Toronto adored Daniel Bryan. (Full Disclosure: Assorted Torontonians also shouted “DANIEL BRYAN!” at me because I’m a squinty beardo.) We also clutched Goldust to their bosom, cheered Renee Young like a returning intergalactic war hero and booed Diddy so f*cking hard you’d think he was…well, Diddy because that’s a fairly reasonable reaction. Maybe they should’ve just played the music video for “Sharpshooter/Gametime” instead.
Other Thought Chunklets From Tonight’s Show
- Big Show is the size of a grain elevator. You sorta take it for granted until the world’s largest teardrop ‘n Slim Jim transportion device rumbles down a ramp giving you the opportunity to gawk. “Look at ‘im! HIS FEELINGS MUST BE SO MUCH LARGER THAN MINE!”
- Kids lurve John Cena. They also love his goofy C with a line through it symbol. I’ve had a think about and I’m pretty sure his logo means “You Can’t See Me” or it’s a nod to his dislike of Confrontation on the hit E! series Total Divas.

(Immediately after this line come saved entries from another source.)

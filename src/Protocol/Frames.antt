-- ===== src/Protocol/Frames.antt =====
-- The KP1 frame codec of src/kegpulse/protocol/frames.py. Texts and bytes are lists of numbers;
-- a FrameError is its code.
use Prim.Native.Nat.{bit_and, bit_xor}
use keg_pulse.Base.{
  ℕ, zero, suc, ◌*◌, ◌%◌, ◌^◌, Bool, true, false, ◌&&◌, ◌||◌, none, some, List, [], ◌∷◌, ◌++◌, ltb,
  leb, ◌==◌, if◌then◌else◌, not, length,
}
use keg_pulse.Base.Text.{Text, codes, ◌=t◌}
use keg_pulse.Protocol.Bytes.{
  all, is_hex, is_op_char, is_key_char, is_value_char, unsnoc, rsplit, split, join, print_hex4,
  parse_hex,
}

abbrev pub max_frame_bytes : ℕ
max_frame_bytes = 256

-- `class FrameErrorCode(StrEnum)`
pub data FrameErrorCode : Type 0 where
  malformed bad_crc too_long unsupported_version : FrameErrorCode

-- What a function returns, or the code of the FrameError that it raises.
pub data Coded {ℓ} (A : Type ℓ) : Type ℓ where
  ok : A → Coded A
  err : FrameErrorCode → Coded A

infixl 5 ◌>>=◌ ◌>>◌
abbrev pub ◌>>=◌ {ℓ κ} : {A : Type ℓ} {B : Type κ} → Coded A → (A → Coded B) → Coded B
ok a >>= f = f a
err e >>= f = err e

abbrev pub ◌>>◌ {ℓ} : {B : Type ℓ} → Coded (Unit {0}) → Coded B → Coded B
m >> k = m >>= λ _. k

-- `if not test: raise FrameError(code, …)`
abbrev pub require : Bool → FrameErrorCode → Coded (Unit {0})
require true code = ok tt
require false code = err code

-- A Python dict of fields, in insertion order
abbrev pub Fields : Type 0
Fields = List (Text × Text)

-- `class Frame`
pub record Frame : Type 0 where
  pub kind : Text
  pub request_id : Text
  pub operation : Text
  pub fields : Fields

-- One bit of `crc16_ccitt`
unfoldable pub crc_bit : ℕ → ℕ
crc_bit crc =
    if bit_and crc 0x8000 == 0 then (crc * 2) % 2 ^ 16 else (bit_xor (crc * 2) 0x1021) % 2 ^ 16

unfoldable pub crc_bits : ℕ → ℕ → ℕ
crc_bits zero crc = crc
crc_bits (suc n) crc = crc_bits n (crc_bit crc)

unfoldable pub crc_from : ℕ → List ℕ → ℕ
crc_from crc [] = crc
crc_from crc (byte ∷ bytes) = crc_from (crc_bits 8 (bit_xor crc (byte * 256))) bytes

-- `crc16_ccitt`
unfoldable pub crc16_ccitt : List ℕ → ℕ
unfolding crc_from crc_bits crc_bit
crc16_ccitt bytes = crc_from 0xFFFF bytes

-- `kind in {"Q", "R", "E"}`
unfoldable pub is_kind : Text → Bool
unfolding ◌=t◌
is_kind kind = kind =t codes "Q" || kind =t codes "R" || kind =t codes "E"

-- The patterns `_RID`, `_OP`, `_KEY` and `_VALUE`
unfoldable pub is_request_id : Text → Bool
unfolding all is_hex
is_request_id t = length t == 8 && all is_hex t

unfoldable pub is_operation : Text → Bool
unfolding all is_op_char
is_operation t = leb 1 (length t) && leb (length t) 16 && all is_op_char t

unfoldable pub is_key : Text → Bool
unfolding all is_key_char
is_key t = leb 1 (length t) && leb (length t) 16 && all is_key_char t

unfoldable pub is_value : Text → Bool
unfolding all is_value_char
is_value t = leb 1 (length t) && leb (length t) 64 && all is_value_char t

-- `key in seen`
unfoldable pub contains : Text → List Text → Bool
unfolding ◌=t◌
contains key [] = false
contains key (k ∷ ks) = key =t k || contains key ks

-- The loop of `encode_frame` over the fields
unfoldable pub encode_fields : List Text → Fields → Coded (List Text)
encode_fields seen [] = ok []
encode_fields seen ((key, value) ∷ fields) = do
  require (not (contains key seen) && is_key key) FrameErrorCode.malformed
  require (is_value value) FrameErrorCode.malformed
  tokens ← encode_fields (key ∷ seen) fields
  ok ((key ++ (b'=' ∷ value)) ∷ tokens)

-- The payload with its CRC and the line feed
unfoldable pub seal : Text → List ℕ
seal payload = payload ++ (b'*' ∷ print_hex4 (crc16_ccitt payload) ++ (10 ∷ []))

-- `encode_frame`, its field values as texts
unfoldable pub encode_frame : Text → Text → Text → Fields → Coded (List ℕ)
encode_frame kind request_id operation fields = do
  require (is_kind kind) FrameErrorCode.malformed
  require (is_request_id request_id) FrameErrorCode.malformed
  require (is_operation operation) FrameErrorCode.malformed
  tokens ← encode_fields [] fields
  let encoded = seal (join b'|' (codes "KP1" ∷ kind ∷ request_id ∷ operation ∷ tokens))
  require (leb (length encoded) max_frame_bytes) FrameErrorCode.too_long
  ok encoded

-- The payload of a line without its CR and LF
unfoldable pub strip_line : List ℕ → Coded Text
strip_line bytes = elim (unsnoc bytes) [
  | none ↦ err FrameErrorCode.malformed
  | some (line, last) ↦
      if last == 10
      then ok (elim (unsnoc line) [
        | none ↦ line
        | some (init, before) ↦ if before == 13 then init else line
      ])
      else err FrameErrorCode.malformed
]

unfoldable pub is_ascii : ℕ → Bool
is_ascii c = ltb c 128

unfoldable pub is_crc_text : Text → Bool
is_crc_text t = length t == 4 && all is_hex t

-- The payload, if the CRC behind the last `*` is that of the bytes before it
unfoldable pub open_seal : Text → Coded Text
open_seal text = elim (rsplit b'*' text) [
  | none ↦ err FrameErrorCode.malformed
  | some (payload, crc_text) ↦
      if is_crc_text crc_text
      then (if crc16_ccitt payload == parse_hex crc_text
          then ok payload
          else err FrameErrorCode.bad_crc)
      else err FrameErrorCode.malformed
]

-- `key, value = token.split("=", 1)` for a token with one `=`
unfoldable pub pair_of : List Text → Coded (Text × Text)
pair_of (key ∷ value ∷ []) = ok (key, value)
pair_of _ = err FrameErrorCode.malformed

-- The loop of `decode_frame` over the field tokens; `seen` are the keys so far.
unfoldable pub decode_fields : List Text → List Text → Coded Fields
unfolding pair_of
decode_fields seen [] = ok []
decode_fields seen (token ∷ tokens) = do
  field ← pair_of (split b'=' token)
  require (not (contains field.0 seen) && is_key field.0 && is_value field.1)
      FrameErrorCode.malformed
  fields ← decode_fields (field.0 ∷ seen) tokens
  ok (field ∷ fields)

-- The code for a frame whose prefix is not that of this protocol
unfoldable pub prefix_error : List Text → FrameErrorCode
prefix_error ((c ∷ d ∷ cs) ∷ tokens) =
    if c == b'K' && d == b'P' then FrameErrorCode.unsupported_version else FrameErrorCode.malformed
prefix_error _ = FrameErrorCode.malformed

-- The header and the fields
unfoldable pub decode_tokens : List Text → Coded Frame
unfolding prefix_error
decode_tokens (magic ∷ kind ∷ request_id ∷ operation ∷ tokens) = do
  require (magic =t codes "KP1") (prefix_error (magic ∷ []))
  require (is_kind kind && is_request_id request_id && is_operation operation)
      FrameErrorCode.malformed
  fields ← decode_fields [] tokens
  ok (record { kind = kind; request_id = request_id; operation = operation; fields = fields })
decode_tokens tokens = err (prefix_error tokens)

-- `decode_frame`
unfoldable pub decode_frame : List ℕ → Coded Frame
unfolding is_ascii
decode_frame bytes = do
  require (leb (length bytes) max_frame_bytes) FrameErrorCode.too_long
  text ← strip_line bytes
  require (all is_ascii text) FrameErrorCode.malformed
  payload ← open_seal text
  decode_tokens (split b'|' payload)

- It’s a weird feeling going from “Yay! Santino! I enjoy his inoffensive tomfoolery!” to “Aw nertz, this means Cesaro’s gonna lose!” It’s a bit like being excited mom bought sugar cereal before figuring out she only did it because Mittens’s stitches opened up again and it’s vet visit time. WHY CAN’T MITTENS CATCH A BREAK?
- I was seated in a part of the arena where the TitanTron wasn’t visible, so if the commercial breaks also included a portion where they showed all your favourite wrestlers have sex with each other on the big screen, I’m afraid I totally missed it. Sorry gang.